Sharran Sutherland of Fair Grove, Mo., posted a series of pictures on her Facebook page last April showing the four-inch-long baby, who was 14 weeks along when his heart stopped beating. Sutherland miscarried at 15 weeks gestation.
The post received 23,000 shares, 11,000 likes and more than 7,000 comments. British newspapers carried stories about the pictures last fall.
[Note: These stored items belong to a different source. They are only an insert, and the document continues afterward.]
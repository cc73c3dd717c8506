-- ===== src/Purge/Tests.antt =====
-- The purge of a small queue.
use somethingtrade.Prelude.{
  All, ◌++◌, ◌+◌, ◌≡◌, refl, false, none, inr, List, [], ◌∷◌, arith, length,
}
use somethingtrade.Orderbook.Types.{DeltaMessage}
use somethingtrade.Orderbook.Levels.{
  parse_levels, parse_row, raw_level, parse_price, parse_size, decimal_or_none,
}
use somethingtrade.Orderbook.WellFormed.{init-IsWellFormed}
use somethingtrade.Orderbook.Feed.{Deltas, AllAccepted}
use somethingtrade.Orderbook.Tests.{
  clocks, fresh, bridge, follow, with_snapshot, snapshot_message, delta_message, runs,
}
use somethingtrade.Queue.{init}
use somethingtrade.Lifecycle.{new_tracker}
use somethingtrade.Purge.{
  Envelope, Payload, depth, other, PurgeTarget, PostSnapshotQueuePurgeResult,
  purge_queued_depth_updates_after_snapshot, purge_queue_after_snapshot, own, purge_loop, visit_own,
  result_of,
}
use somethingtrade.Purge.Bridge.{kept, own_updates}
use somethingtrade.Purge.Split.{
  count_old, count_new, others, not_old, IsNoBridge, StartsAtBridge, is_some_envelope,
}
use somethingtrade.Purge.Parted.{purge-parted}
use somethingtrade.Purge.Requeue.{
  taken, purge_queue_after_snapshot_lem, purge_queue_after_snapshot-lossless,
}
use somethingtrade.Purge.Resume.{AllPlain, purge_resume}

abbrev envelope : Payload → Envelope
envelope payload = record {
  payload = payload;
  enqueue_monotonic_ns = 1;
  queue_size_at_enqueue = 0;
  queue_put_end_monotonic_ns = none;
}

abbrev update : DeltaMessage → Envelope
update d = envelope (depth (record { symbol = "BTCUSDT"; update = d }))

-- An old update, another payload, and two updates that continue a snapshot with id 10.
abbrev drained : List Envelope
drained = update (delta_message 3 4 []) ∷ envelope other ∷ update bridge ∷ update follow ∷ []

abbrev future : List Envelope
future = update (delta_message 20 21 []) ∷ []

abbrev target : List Envelope → PurgeTarget
target queue = record {
  queue = queue;
  monitor = init (record {
    capacity = none;
    ratio_numerator = 8;
    ratio_denominator = 10;
    severe_lag_ns = 100;
    processing_lag_severe_ns = 100;
    snapshot_blocking_lag_ns = 100;
    sample_capacity = 2;
  });
  lifecycle = new_tracker;
  state = with_snapshot;
  bridge_missing_after_snapshot_count = 0;
}

abbrev purged : PostSnapshotQueuePurgeResult × List Envelope
purged = purge_queued_depth_updates_after_snapshot "BTCUSDT" 10 drained

purge-parted_example :
    (before after : List Envelope) × (drained ≡ before ++ after)
    × All (IsNoBridge "BTCUSDT" 10) before
    × StartsAtBridge "BTCUSDT" 10 after
    × (purged.1 ≡ others "BTCUSDT" before ++ not_old "BTCUSDT" 10 after)
    × (purged.0.old_events_dropped ≡ count_old 10 (own_updates "BTCUSDT" drained))
    × (purged.0.future_events_dropped ≡ count_new 10 (own_updates "BTCUSDT" before))
    × (purged.0.bridge_candidate_found ≡ is_some_envelope after)
    × (purged.0.queue_size_before ≡ 4)
    × (purged.0.events_preserved_count ≡ length purged.1)
    × (purged.0.queue_size_after ≡ length purged.1)
purge-parted_example = purge-parted "BTCUSDT" 10 drained

-- One update is old, none is after a gap, and the other payload, the bridge and its successor are kept.
purged-counts :
    (purged.0.old_events_dropped ≡ 1) × (purged.0.future_events_dropped ≡ 0) × (length purged.1 ≡ 3)
unfolding purge_queued_depth_updates_after_snapshot purge_loop visit_own own result_of
purged-counts = (refl, refl, refl)

abbrev after : PostSnapshotQueuePurgeResult × PurgeTarget
after = purge_queue_after_snapshot clocks 2 "BTCUSDT" 10 (target drained)

purge_queue_after_snapshot_lem_example :
    (after.1.queue ≡ taken 2 [] purged.1)
    × (after.0.events_preserved_count ≡ length after.1.queue)
    × (after.0.queue_size_after ≡ length after.1.queue)
    × (after.1.monitor.queue_dropped_messages + length after.1.queue
        ≡ (target drained).monitor.queue_dropped_messages + length purged.1)
purge_queue_after_snapshot_lem_example =
    purge_queue_after_snapshot_lem clocks 2 "BTCUSDT" 10 (target drained)

purge_queue_after_snapshot-lossless_example :
    (purge_queue_after_snapshot clocks 4 "BTCUSDT" 10 (target drained)).1.queue
    ≡ kept "BTCUSDT" 10 false drained
purge_queue_after_snapshot-lossless_example =
    purge_queue_after_snapshot-lossless clocks 4 "BTCUSDT" 10 (target drained) (inr (omega arith))

abbrev without : PostSnapshotQueuePurgeResult × PurgeTarget
without = purge_queue_after_snapshot clocks 4 "BTCUSDT" 10 (target future)

abbrev deltas : Deltas
deltas = (clocks, bridge) ∷ (clocks, follow) ∷ []

left : (bridge ∷ follow ∷ []) ≡ own_updates "BTCUSDT" purged.1
unfolding own_updates purge_queued_depth_updates_after_snapshot purge_loop visit_own own result_of
left = refl

plain : AllPlain deltas
unfolding parse_levels parse_row raw_level parse_price parse_size decimal_or_none
plain = ((refl, refl, refl), ((refl, refl, refl), tt))

purge_resume_example : AllAccepted deltas with_snapshot
purge_resume_example =
    purge_resume clocks snapshot_message fresh "BTCUSDT" drained deltas
      (init-IsWellFormed clocks "BTCUSDT" 0) runs.0 left (refl, omega arith, tt) plain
She named the boy “Miran.”
“I just couldn’t believe how perfect everything was on him,” Sutherland, a mother of 11, told the Mirror newspaper “His ears, his tongue, his gums, his lips. I couldn’t believe it.
“You have those baby books that show you diagrams of a baby in utero but he didn’t look like anything I had ever seen,” she added. “I was just filled with such awe and amazement with him. He just needed to continue maturing and growing and developing. It blew me away. It was an incredible feeling. It’s really hard to describe.”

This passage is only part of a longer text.